Ever since my peers started having babies, I’ve heard about the ‘Four Month Sleep Regression’ – generally defined as “just when you think you’ve got a handle on getting the baby to sleep, everything goes to shit.” And there’s definitely something to it – our four- (almost five)- month-old has been going through some big changes over the past few weeks – and as a result his sleep has been negatively affected. Whereas not long ago we were able to put him in cot drowsy, sing a little and say goodnight and he’d drop off by himself, now bedtime can be anything from him passing out on the boob, to a full hour of inconsolable screaming (usually ending with him falling asleep on the boob). And this goes for daytime naps, too.
Nonetheless, I’m here to assert that this trying phase deserves a new name. I strongly believe that how we term and frame things shapes our experience – and that by choosing better words we can opt to bring more enjoyment and less suffering into our parenting.
Over the past few weeks, Gadi has been going through some crazy leaps and bounds in his development – both motor and cognitive. When I’m not playing with him, doing the laundry, feeding or writing, I’m loving just watching him learn and explore. He does this adorable little skydiver move, on his tummy with his arms and legs out and up, he giggles and chats and dribbles. He reaches for toys and gets entranced by noises and colors. To my reading, this huge influx of sensory information is keeping him wired, making it more difficult for him to relax enough to get to sleep. And I totally get that; I know that when huge things have been going on for me – like covering massive news events in years gone by, for example – I’ve found it pretty hard to wind down and drift off to sleep.
But why frame all of this as a negative? What we’re actually seeing is a developmental leap which we should be celebrating – not a regression. Gadi hasn’t stopped rolling over and he doesn’t babble to himself less – he’s just having some sleep disturbances. When our teenagers turn into maniacs during exam time, or our friends turn into Bridezilla during the stress of planning their dream wedding, we don’t say they’re having a regression – so why do it to babies? I think this ill-conceived concept that development is perfectly linear is playing a huge part in how difficult we experience these admittedly difficult patches.
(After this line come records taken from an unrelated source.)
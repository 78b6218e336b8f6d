-- ===== src/Access/Roles.antt =====
-- The enum UserRole of backend/prisma/schema.prisma, with the tests `role === …`. An id is a
-- number, since the code only compares ids.
use wall_e_campus_assistant.Prelude.{Bool, true, false}

pub data UserRole : Type 0 where
  system_owner university_admin department_admin instructor student : UserRole

abbrev pub is_system_owner : UserRole → Bool
is_system_owner system_owner = true
is_system_owner _ = false

abbrev pub is_university_admin : UserRole → Bool
is_university_admin university_admin = true
is_university_admin _ = false

abbrev pub is_department_admin : UserRole → Bool
is_department_admin department_admin = true
is_department_admin _ = false

abbrev pub is_instructor : UserRole → Bool
is_instructor instructor = true
is_instructor _ = false

abbrev pub is_student : UserRole → Bool
is_student student = true
is_student _ = false
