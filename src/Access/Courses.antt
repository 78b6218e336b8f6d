-- ===== src/Access/Courses.antt =====
-- backend/src/utils/course-access.ts. The role of a CourseActor is a string there; the values that
-- are not a UserRole fall through every test as STUDENT does.
use wall_e_campus_assistant.Prelude.{
  ℕ, Bool, true, false, ◌&&◌, ◌||◌, not, Option, List, ◌≡◌, ◌↔◌, ◌⊎◌, ◌==◌, any, if◌then◌else◌,
  same_option, is_none, arith, [], ◌∷◌, ◌∈◌,
}
use wall_e_campus_assistant.Access.Roles.{
  UserRole, is_system_owner, is_university_admin, is_department_admin, is_instructor, instructor,
}

pub record CourseActor : Type 0 where
  pub id : ℕ
  pub role : UserRole
  pub department_id : Option ℕ

-- `lecture_schedules` holds the instructor's id of each active lecture of the course.
pub record CourseForAccess : Type 0 where
  pub created_by_id : ℕ
  pub department_id : Option ℕ
  pub lecture_schedules : List ℕ

-- CATALOGUE_ADMINISTRATORS.has(role)
abbrev pub is_catalogue_administrator : UserRole → Bool
is_catalogue_administrator role = is_university_admin role || is_system_owner role

unfoldable pub can_manage_course : CourseForAccess → CourseActor → Bool
can_manage_course course actor =
    if is_catalogue_administrator actor.role
    then true
    else is_department_admin actor.role
      && not (is_none actor.department_id)
      && same_option course.department_id actor.department_id

unfoldable pub can_export_course : CourseForAccess → CourseActor → Bool
can_export_course course actor =
    if is_catalogue_administrator actor.role
    then true
    else if is_department_admin actor.role
    then not (is_none actor.department_id) && same_option course.department_id actor.department_id
    else if not (is_instructor actor.role)
    then false
    else if course.created_by_id == actor.id
    then true
    else any (λ instructor_id. instructor_id == actor.id) course.lecture_schedules

any_is : (x : ℕ) (l : List ℕ) → (any (λ y. y == x) l ≡ true) ↔ (x ∈ l)
any_is x [] = (λ h. cc, λ h. absurd h)
any_is x (y ∷ l) = ground (arith, any_is x l)

-- Whoever may manage a course may export its roster; and the roster goes further only to an
-- instructor who created the course or teaches an active lecture of it.
pub can_export_course_iff :
    (course : CourseForAccess) (actor : CourseActor)
    → (can_export_course course actor ≡ true) ↔ (
        (can_manage_course course actor ≡ true)
        ⊎ ((actor.role ≡ instructor)
            × ((course.created_by_id ≡ actor.id) ⊎ (actor.id ∈ course.lecture_schedules))))
unfolding can_export_course can_manage_course
can_export_course_iff course actor = ground (arith, any_is actor.id course.lecture_schedules)
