-- ===== src/Access/Permissions.antt =====
-- backend/src/utils/authorization.ts, with the errors of backend/src/utils/AppError.ts that it
-- throws. A departmentId that is null and one that is undefined are both `none`.
pub mod Laws
use wall_e_campus_assistant.Prelude.{
  ℕ, Bool, true, false, not, ◌&&◌, ◌||◌, Option, none, some, Result, ok, err, ◌==◌, if◌then◌else◌,
  throw_if, same_option, is_none,
}
use wall_e_campus_assistant.Access.Roles.{
  UserRole, is_system_owner, is_university_admin, is_department_admin, is_instructor,
}

pub record ScopeActor : Type 0 where
  pub id : ℕ
  pub role : UserRole
  pub organization_id : ℕ
  pub department_id : Option ℕ

pub record ResourceScope : Type 0 where
  pub organization_id : ℕ
  pub department_id : Option ℕ
  pub owner_id : Option ℕ

pub data Permission : Type 0 where
  university_manage department_manage people_read people_create student_approve course_manage
        schedule_manage teaching_operate assignment_manage grade_manage self_read :
      Permission

abbrev pub is_self_read : Permission → Bool
is_self_read self_read = true
is_self_read _ = false

abbrev pub is_university_manage : Permission → Bool
is_university_manage university_manage = true
is_university_manage _ = false

-- The permissions in the instructor's disjunction.
abbrev pub is_teaching_permission : Permission → Bool
is_teaching_permission people_read = true
is_teaching_permission student_approve = true
is_teaching_permission teaching_operate = true
is_teaching_permission assignment_manage = true
is_teaching_permission grade_manage = true
is_teaching_permission _ = false

unfoldable pub same_university : ScopeActor → ResourceScope → Bool
same_university actor scope = actor.organization_id == scope.organization_id

unfoldable pub same_department : ScopeActor → ResourceScope → Bool
same_department actor scope =
    not (is_none scope.department_id)
    && not (is_none actor.department_id)
    && same_option actor.department_id scope.department_id

unfoldable pub has_permission : ScopeActor → Permission → ResourceScope → Bool
unfolding same_university same_department
has_permission actor permission scope =
    if is_system_owner actor.role
    then true
    else if not (same_university actor scope)
    then false
    else if is_self_read permission
    then same_option scope.owner_id (some actor.id)
    else if is_university_admin actor.role
    then true
    else if is_department_admin actor.role
    then (if not (same_department actor scope)
        then false
        else not (is_university_manage permission))
    else if is_instructor actor.role
    then (if not (same_department actor scope) then false else is_teaching_permission permission)
    else false

-- forbidden(): status 403.
pub data Forbidden : Type 0 where
  forbidden : Forbidden

unfoldable pub require_permission :
    ScopeActor → Permission → ResourceScope → Result Forbidden (Unit {0})
unfolding has_permission
require_permission actor permission scope =
    throw_if (not (has_permission actor permission scope)) forbidden

unfoldable pub require_same_university : ScopeActor → ℕ → Result Forbidden (Unit {0})
unfolding require_permission
require_same_university actor organization_id =
    require_permission actor people_read
      (record { organization_id = organization_id; department_id = none; owner_id = none })

unfoldable pub require_same_department : ScopeActor → ℕ → ℕ → Result Forbidden (Unit {0})
unfolding same_university
require_same_department actor organization_id department_id =
    throw_if
      (not (is_system_owner actor.role)
        && not (is_university_admin actor.role)
        && (not (
              same_university actor (record {
                organization_id = organization_id;
                department_id = none;
                owner_id = none;
              }))
            || not (same_option actor.department_id (some department_id))))
      forbidden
Of course, it’s not just the words – it’s the mindset that comes with them. When we expect that everything will stay the same and refuse to roll with the ebb and flow of life, or that we’ll get more and more sleep or time to ourselves as time goes by, we’re kidding ourselves. And to be totally honest maybe it’s even kind of selfish. We made the decision to have kids – surely we anticipated some rough patches? Maybe really it’s us, the parents, that are having a regression when we view tough times without context, without zooming out to remember the big picture. To quote the Buddha:
Pain in life is inevitable but suffering is not. Pain is what the world does to you, suffering is what you do to yourself. Pain is inevitable, suffering is optional.
And so, in an effort to take out the suffering, I propose: The ‘Four Month Super Leap’! Who’s with me? Let’s marvel at our babies’ progress rather than getting ourselves all bummed out about a bit of screaming and tiredness.
One last thing: I highly recommend whipping up a batch of these delicious chocolate chili vegan cookies. They’re full of sugar, granted, but hey – they’re keeping me buzzed and happy at the present moment so what the hell. Just try not to leave out the baking soda if you can manage it – my first batch suffered from a severe baby brain-induced softness regression.